- _Aim of the task_:
Where a line holds the word "some", copy it from the records.

- _Saved entries_:
☆ ☆ ☆ ☆ ☆ ☆ ☆

-- ===== src/Sender/Attempts.antt =====
-- The loop of the client's `send` of src/helpers/server_sender.rs: after how many attempts it ends,
-- and with what.
use atomic_websocket.Base.{
  ℕ, zero, suc, ◌+◌, ◌*◌, ◌%◌, min, ◌∙◌, ◌^◌, ◌≤◌, ◌<◌, ◌≡◌, refl, ◌⊎◌, inl, inr, Bool, true, false,
  Option, none, some, arith, ap,
}
use atomic_websocket.Retry.{ExponentialBackoff, wait}
use atomic_websocket.Retry
use atomic_websocket.Sender.{Report, retry_loop, limit_count, Reply, took, refuses, waits}

-- The first of the attempts 0 to n that the channel accepts.
unfoldable pub FirstAccepted : ℕ → (ℕ → Reply) → Type 0
FirstAccepted k replies = (replies k ≡ took) × ((i : ℕ) → i < k → replies i ≡ refuses)

-- The first of the attempts 0 to n that is not refused, and it is never answered.
unfoldable pub FirstWaiting : ℕ → (ℕ → Reply) → Type 0
FirstWaiting k replies = (replies k ≡ waits) × ((i : ℕ) → i < k → replies i ≡ refuses)

unfoldable pub AllRefused : ℕ → (ℕ → Reply) → Type 0
AllRefused n replies = (i : ℕ) → i ≤ n → replies i ≡ refuses

abbrev pub ended : Bool → ℕ → Option Report
ended b n = some (record { was_sent = b; attempts = n })

-- One round of the loop.
retry_loop-round :
    (fuel : ℕ) (replies : ℕ → Reply) (b : ExponentialBackoff) (made : ℕ)
    → b.max_count < 2 ^ 32
    → (replies 0 ≡ waits → retry_loop (suc fuel) replies b made ≡ none)
      × (replies 0 ≡ took → retry_loop (suc fuel) replies b made ≡ ended true (suc made))
      × (replies 0 ≡ refuses
          → b.max_count ≤ b.count
          → retry_loop (suc fuel) replies b made ≡ ended false (suc made))
      × (replies 0 ≡ refuses
          → b.count < b.max_count
          → (b' : ExponentialBackoff) × (b'.count ≡ suc b.count)
            × (b'.max_count ≡ b.max_count)
            × (retry_loop (suc fuel) replies b made
                ≡ retry_loop fuel (λ i. replies (suc i)) b' (suc made)))
unfolding retry_loop wait
retry_loop-round fuel replies b made w = (
  λ h. rw (retry_loop, h) refl,
  λ h. rw (retry_loop, h) refl,
  λ h c. ground arith,
  λ h c. (
    record b { current = min (b.current * 2) b.max; count = (b.count + 1) % 2 ^ 32 },
    omega arith,
    refl,
    ground arith,
  ),
)

pub retry_loop-accepted :
    (k fuel : ℕ) (replies : ℕ → Reply) (b : ExponentialBackoff) (made : ℕ)
    → FirstAccepted k replies
    → b.count + k ≤ b.max_count
    → b.max_count < 2 ^ 32
    → k < fuel
    → retry_loop fuel replies b made ≡ ended true (made + suc k)
unfolding FirstAccepted
retry_loop-accepted k zero replies b made h c w f = absurd (omega arith)
retry_loop-accepted zero (suc fuel) replies b made (t, h) c w f =
    (retry_loop-round fuel replies b made w).1 t ∙ ap (ended true) (omega arith)
retry_loop-accepted (suc k) (suc fuel) replies b made (t, h) c w f =
    let (b', count, limit, round) =
      (retry_loop-round fuel replies b made w).3 (h 0 (omega arith)) (omega arith) in
    round
    ∙ retry_loop-accepted k fuel (λ i. replies (suc i)) b' (suc made)
        (t, λ i l. h (suc i) (omega arith)) (omega arith) (omega arith) (omega arith)
    ∙ ap (ended true) (omega arith)

pub retry_loop-waiting :
    (k fuel : ℕ) (replies : ℕ → Reply) (b : ExponentialBackoff) (made : ℕ)
    → FirstWaiting k replies
    → b.count + k ≤ b.max_count
    → b.max_count < 2 ^ 32
    → k < fuel
    → retry_loop fuel replies b made ≡ none
unfolding FirstWaiting
retry_loop-waiting k zero replies b made h c w f = absurd (omega arith)
retry_loop-waiting zero (suc fuel) replies b made (t, h) c w f =
    (retry_loop-round fuel replies b made w).0 t
retry_loop-waiting (suc k) (suc fuel) replies b made (t, h) c w f =
    let (b', count, limit, round) =
      (retry_loop-round fuel replies b made w).3 (h 0 (omega arith)) (omega arith) in
    round
    ∙ retry_loop-waiting k fuel (λ i. replies (suc i)) b' (suc made)
        (t, λ i l. h (suc i) (omega arith)) (omega arith) (omega arith) (omega arith)

pub retry_loop-refused :
    (n fuel : ℕ) (replies : ℕ → Reply) (b : ExponentialBackoff) (made : ℕ)
    → AllRefused n replies
    → b.count + n ≡ b.max_count
    → b.max_count < 2 ^ 32
    → n < fuel
    → retry_loop fuel replies b made ≡ ended false (made + suc n)
unfolding AllRefused
retry_loop-refused n zero replies b made h c w f = absurd (omega arith)
retry_loop-refused zero (suc fuel) replies b made h c w f =
    (retry_loop-round fuel replies b made w).2 (h 0 (omega arith)) (omega arith)
    ∙ ap (ended false) (omega arith)
retry_loop-refused (suc n) (suc fuel) replies b made h c w f =
    let (b', count, limit, round) =
      (retry_loop-round fuel replies b made w).3 (h 0 (omega arith)) (omega arith) in
    round
    ∙ retry_loop-refused n fuel (λ i. replies (suc i)) b' (suc made)
        (λ i l. h (suc i) (omega arith)) (omega arith) (omega arith) (omega arith)
    ∙ ap (ended false) (omega arith)

elsewhere : (replies : ℕ → Reply) (i j : ℕ) → i ≡ j → replies j ≡ refuses → replies i ≡ refuses
elsewhere replies i j e f = rw e f

le-split : (i n : ℕ) → i ≤ suc n → (i ≤ n) ⊎ (i ≡ suc n)
le-split i n l = ground arith

Reply-cases : (r : Reply) → (r ≡ took) ⊎ ((r ≡ waits) ⊎ (r ≡ refuses))
Reply-cases took = inl refl
Reply-cases waits = inr (inl refl)
Reply-cases refuses = inr (inr refl)

pub attempts_cases :
    (n : ℕ) (replies : ℕ → Reply)
    → ((k : ℕ) × (k ≤ n) × FirstAccepted k replies)
      ⊎ (((k : ℕ) × (k ≤ n) × FirstWaiting k replies) ⊎ AllRefused n replies)
unfolding FirstAccepted FirstWaiting AllRefused
attempts_cases zero replies = elim (Reply-cases (replies 0)) [
  | inl t ↦ inl (0, omega arith, (t, λ i l. absurd (omega arith)))
  | inr (inl t) ↦ inr (inl (0, omega arith, (t, λ i l. absurd (omega arith))))
  | inr (inr f) ↦ inr (inr (λ i l. elsewhere replies i 0 (omega arith) f))
]
attempts_cases (suc n) replies = elim (attempts_cases n replies) [
  | inl (k, l, first) ↦ inl (k, omega arith, first)
  | inr (inl (k, l, first)) ↦ inr (inl (k, omega arith, first))
  | inr (inr refused) ↦ elim (Reply-cases (replies (suc n))) [
    | inl t ↦ inl (suc n, omega arith, (t, λ i l. refused i (omega arith)))
    | inr (inl t) ↦ inr (inl (suc n, omega arith, (t, λ i l. refused i (omega arith))))
    | inr (inr f) ↦ inr (
        inr (λ i l. elim (le-split i n l) [
          | inl h ↦ refused i h
          | inr e ↦ elsewhere replies i (suc n) e f
        ]))
  ]
]

limit_count-bounds :
    (retry_seconds : ℕ) → (1 ≤ limit_count retry_seconds) × (limit_count retry_seconds ≤ 5)
unfolding limit_count
limit_count-bounds n = (ground arith, ground arith)

unfoldable pub new_loop : (ℕ → Reply) → ℕ → Option Report
new_loop replies retry_seconds =
    let limit = limit_count retry_seconds in
    retry_loop (suc (suc limit)) replies (Retry.new 50 1 limit) 0

pub new_loop-accepted :
    (k retry_seconds : ℕ) (replies : ℕ → Reply)
    → k ≤ limit_count retry_seconds
    → FirstAccepted k replies
    → new_loop replies retry_seconds ≡ ended true (suc k)
unfolding new_loop Retry.new
new_loop-accepted k n replies l first =
    let (low, high) = limit_count-bounds n in
    retry_loop-accepted k _ replies _ 0 first (omega arith) (omega arith) (omega arith)
    ∙ ap (ended true) (omega arith)

pub new_loop-waiting :
    (k retry_seconds : ℕ) (replies : ℕ → Reply)
    → k ≤ limit_count retry_seconds
    → FirstWaiting k replies
    → new_loop replies retry_seconds ≡ none
unfolding new_loop Retry.new
new_loop-waiting k n replies l first =
    let (low, high) = limit_count-bounds n in
    retry_loop-waiting k _ replies _ 0 first (omega arith) (omega arith) (omega arith)

pub new_loop-refused :
    (retry_seconds : ℕ) (replies : ℕ → Reply)
    → AllRefused (limit_count retry_seconds) replies
    → new_loop replies retry_seconds ≡ ended false (suc (limit_count retry_seconds))
unfolding new_loop Retry.new
new_loop-refused n replies refused =
    let (low, high) = limit_count-bounds n in
    retry_loop-refused (limit_count n) _ replies _ 0 refused (omega arith) (omega arith)
      (omega arith)
    ∙ ap (ended false) (omega arith)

☆ ☆ ☆ ☆ ☆ ☆ ☆

- _Task response_:
  Option, none, some, arith, ap,
ended b n = some (record { was_sent = b; attempts = n })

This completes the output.